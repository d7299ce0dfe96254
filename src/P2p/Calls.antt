-- ===== src/P2p/Calls.antt =====
-- The calls that the schedules make, on one stage, and what each leaves out at an end of the
-- pipeline. A call returns what it received, and the calls of `torch.distributed` that it made.
use megatron_lm.Prelude.{
  not, some, false, [], ◌>>=◌, none, true, ok, if◌then◌else◌, List, Bool, Result, Option,
}
use megatron_lm.P2p.{
  is_pipeline_first_stage, is_pipeline_last_stage, Call, communicate, Empty, Communicated, Config,
  Stage, Side, Shape,
}

module _ {T : Type 0} (size : T → Shape) (received : Side → Shape) (stage : Stage)
    (config : Config) where
  -- Nothing is received and nothing posted.
  abbrev nothing : Result (Option Empty × List (Call T))
  nothing = ok (none, [])

  abbrev keep_prev : Communicated T → Result (Option Empty × List (Call T))
  keep_prev done = ok (done.tensor_recv_prev, done.log)

  abbrev keep_next : Communicated T → Result (Option Empty × List (Call T))
  keep_next done = ok (done.tensor_recv_next, done.log)

  pub recv_forward : Option Shape → Result (Option Empty × List (Call T))
  recv_forward tensor_shape =
      if is_pipeline_first_stage stage
      then nothing
      else (communicate size received stage config none none true false tensor_shape true
          >>= keep_prev)

  pub recv_backward : Option Shape → Result (Option Empty × List (Call T))
  recv_backward tensor_shape =
      if is_pipeline_last_stage stage
      then nothing
      else (communicate size received stage config none none false true tensor_shape true
          >>= keep_next)

  pub send_forward : T → Result (List (Call T))
  send_forward output_tensor =
      if is_pipeline_last_stage stage
      then ok []
      else (communicate size received stage config (some output_tensor) none false false none true
          >>= λ done. ok done.log)

  -- The gradient is `None` for an input tensor that is.
  pub send_backward : Option T → Result (List (Call T))
  send_backward input_tensor_grad =
      if is_pipeline_first_stage stage
      then ok []
      else (communicate size received stage config none input_tensor_grad false false none true
          >>= λ done. ok done.log)

  pub send_forward_recv_backward : T → Option Shape → Result (Option Empty × List (Call T))
  send_forward_recv_backward output_tensor tensor_shape =
      if is_pipeline_last_stage stage
      then nothing
      else (communicate size received stage config (some output_tensor) none false true tensor_shape
            true
          >>= keep_next)

  pub send_backward_recv_forward : Option T → Option Shape → Result (Option Empty × List (Call T))
  send_backward_recv_forward input_tensor_grad tensor_shape =
      if is_pipeline_first_stage stage
      then nothing
      else (communicate size received stage config none input_tensor_grad true false tensor_shape
            true
          >>= keep_prev)

  -- With `overlap_p2p_comm` the requests are returned too.
  pub send_forward_recv_forward : Option T → Bool → Option Shape → Bool → Result (Communicated T)
  send_forward_recv_forward output_tensor recv_prev tensor_shape overlap_p2p_comm =
      communicate size received stage config output_tensor none recv_prev false tensor_shape
        (not overlap_p2p_comm)

  pub send_backward_recv_backward : Option T → Bool → Option Shape → Bool → Result (Communicated T)
  send_backward_recv_backward input_tensor_grad recv_next tensor_shape overlap_p2p_comm =
      communicate size received stage config none input_tensor_grad false recv_next tensor_shape
        (not overlap_p2p_comm)

  pub send_forward_backward_recv_forward_backward :
      Option T
      → Option T
      → Bool
      → Bool
      → Option Shape
      → Result (Option Empty × Option Empty × List (Call T))
  send_forward_backward_recv_forward_backward output_tensor input_tensor_grad recv_prev recv_next
        tensor_shape =
      communicate size received stage config output_tensor input_tensor_grad recv_prev recv_next
        tensor_shape true
      >>= λ done. ok (done.tensor_recv_prev, done.tensor_recv_next, done.log)
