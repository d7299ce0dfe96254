-- ===== src/P2p/Waits.antt =====
-- The requests that the calls of `_communicate` make and those that they wait for, and the calls
-- that each way to post the requests begins with (p2p_communication.py).
use mathlib.Core.List.{append-nil, append_assoc}
use megatron_lm.Prelude.{
  suc, ltb→le, some, arith, lt→ltb, false, true, Bool, Option, sym, ◌∙◌, refl, length, [], ap, ok,
  ltb, map, if◌then◌else◌, ◌≡◌, ◌++◌, List, Result, ◌∷◌,
}
use megatron_lm.P2p.{
  Communicated, ring_exchange_wrapper, Buffer, Message, synchronize, ring_exchange, request,
  batch_isend_irecv, wait, Op, Call,
}

module _ {T : Type 0} where
  -- The requests that the calls make, and those that they wait for.
  pub requests_of : List (Call T) → List (Op T)
  requests_of [] = []
  requests_of (batch_isend_irecv ops ∷ calls) = ops ++ requests_of calls
  requests_of (request op ∷ calls) = op ∷ requests_of calls
  requests_of (_ ∷ calls) = requests_of calls

  pub waits_of : List (Call T) → List (Op T)
  waits_of [] = []
  waits_of (wait op ∷ calls) = op ∷ waits_of calls
  waits_of (_ ∷ calls) = waits_of calls

  pub requests_of-append :
      (xs ys : List (Call T)) → requests_of (xs ++ ys) ≡ requests_of xs ++ requests_of ys
  unfolding requests_of
  requests_of-append [] ys = refl
  requests_of-append (batch_isend_irecv ops ∷ xs) ys =
      ap (λ r. ops ++ r) (requests_of-append xs ys)
      ∙ sym (append_assoc ops (requests_of xs) (requests_of ys))
  requests_of-append (request op ∷ xs) ys = ap (λ r. op ∷ r) (requests_of-append xs ys)
  requests_of-append (wait op ∷ xs) ys = requests_of-append xs ys
  requests_of-append (synchronize ∷ xs) ys = requests_of-append xs ys
  requests_of-append (ring_exchange _ _ _ _ ∷ xs) ys = requests_of-append xs ys

  pub waits_of-append : (xs ys : List (Call T)) → waits_of (xs ++ ys) ≡ waits_of xs ++ waits_of ys
  unfolding waits_of
  waits_of-append [] ys = refl
  waits_of-append (batch_isend_irecv ops ∷ xs) ys = waits_of-append xs ys
  waits_of-append (request op ∷ xs) ys = waits_of-append xs ys
  waits_of-append (wait op ∷ xs) ys = ap (λ r. op ∷ r) (waits_of-append xs ys)
  waits_of-append (synchronize ∷ xs) ys = waits_of-append xs ys
  waits_of-append (ring_exchange _ _ _ _ ∷ xs) ys = waits_of-append xs ys

  pub requests_of-request : (ops : List (Op T)) → requests_of (map request ops) ≡ ops
  unfolding requests_of
  requests_of-request [] = refl
  requests_of-request (op ∷ ops) = ap (λ r. op ∷ r) (requests_of-request ops)

  pub waits_of-request : (ops : List (Op T)) → waits_of (map request ops) ≡ []
  unfolding waits_of
  waits_of-request [] = refl
  waits_of-request (op ∷ ops) = waits_of-request ops

  requests_of-wait : (ops : List (Op T)) → requests_of (map wait ops) ≡ []
  unfolding requests_of
  requests_of-wait [] = refl
  requests_of-wait (op ∷ ops) = requests_of-wait ops

  waits_of-wait : (ops : List (Op T)) → waits_of (map wait ops) ≡ ops
  unfolding waits_of
  waits_of-wait [] = refl
  waits_of-wait (op ∷ ops) = ap (λ r. op ∷ r) (waits_of-wait ops)

  -- The requests are those that the calls have made, and none has been waited for.
  abbrev pub Started : Result (List (Op T) × List (Call T)) → Type 0
  Started r =
      (reqs : List (Op T)) × (log : List (Call T)) × (r ≡ ok (reqs, log))
      × (requests_of log ≡ reqs)
      × (waits_of log ≡ [])

  -- The one call of a batch that is not empty.
  abbrev pub batch_call : Bool → List (Op T) → List (Call T)
  batch_call some_op ops = if some_op then batch_isend_irecv ops ∷ [] else []

  pub batch_call-Started :
      (some_op : Bool) (ops : List (Op T))
      → ltb 0 (length ops) ≡ some_op
      → (requests_of (batch_call some_op ops) ≡ ops) × (waits_of (batch_call some_op ops) ≡ [])
  unfolding requests_of waits_of
  batch_call-Started true ops h = (append-nil ops, refl)
  batch_call-Started false [] h = (refl, refl)
  batch_call-Started false (op ∷ ops) h = absurd (omega (arith, ltb→le 0 (suc (length ops)) h))

  pub ring_exchange-Started :
      (sp : Option (Message T)) (rp : Option Buffer) (sn : Option (Message T)) (rn : Option Buffer)
      → Started (ring_exchange_wrapper sp rp sn rn)
  unfolding ring_exchange_wrapper requests_of waits_of
  ring_exchange-Started sp rp sn rn = ([], ring_exchange sp rp sn rn ∷ [], refl, refl, refl)

  -- What comes after the requests.
  abbrev pub last_calls : Bool → Bool → List (Op T) → List (Call T)
  last_calls waits sync reqs =
      (if waits then map wait reqs else []) ++ (if sync then synchronize ∷ [] else [])

  pub requests_of-last_calls :
      (waits sync : Bool) (reqs : List (Op T)) → requests_of (last_calls waits sync reqs) ≡ []
  unfolding requests_of
  requests_of-last_calls false false reqs = refl
  requests_of-last_calls false true reqs = refl
  requests_of-last_calls true false reqs = rw append-nil (requests_of-wait reqs)
  requests_of-last_calls true true reqs =
      requests_of-append (map wait reqs) (synchronize ∷ []) ∙ rw append-nil (requests_of-wait reqs)

  pub waits_of-last_calls :
      (waits sync : Bool) (reqs : List (Op T))
      → waits_of (last_calls waits sync reqs) ≡ (if waits then reqs else [])
  unfolding waits_of
  waits_of-last_calls false false reqs = refl
  waits_of-last_calls false true reqs = refl
  waits_of-last_calls true false reqs = rw append-nil (waits_of-wait reqs)
  waits_of-last_calls true true reqs =
      waits_of-append (map wait reqs) (synchronize ∷ []) ∙ rw append-nil (waits_of-wait reqs)

  -- No request is lost: it is waited for, or it is returned.
  pub record Kept (wait_on_reqs : Bool) (r : Communicated T) : Type 0 where
    pub waited : wait_on_reqs ≡ true → waits_of r.log ≡ requests_of r.log
    pub returned : wait_on_reqs ≡ false → r.reqs ≡ some (requests_of r.log)

  pub none_left : (reqs : List (Op T)) → (if ltb 0 (length reqs) then reqs else []) ≡ reqs
  none_left [] = refl
  none_left (op ∷ reqs) = rw (lt→ltb 0 (suc (length reqs)) (omega arith)) refl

....

> WHAT IS BEING ASKED: In the entries above, find each line that has the word "Communicated". Copy it.

> ANSWER BOX:
  is_pipeline_first_stage, is_pipeline_last_stage, Call, communicate, Empty, Communicated, Config,
  abbrev keep_prev : Communicated T → Result (Option Empty × List (Call T))
  abbrev keep_next : Communicated T → Result (Option Empty × List (Call T))
  pub send_forward_recv_forward : Option T → Bool → Option Shape → Bool → Result (Communicated T)
  pub send_backward_recv_backward : Option T → Bool → Option Shape → Bool → Result (Communicated T)
  Communicated, ring_exchange_wrapper, Buffer, Message, synchronize, ring_exchange, request,
  pub record Kept (wait_on_reqs : Bool) (r : Communicated T) : Type 0 where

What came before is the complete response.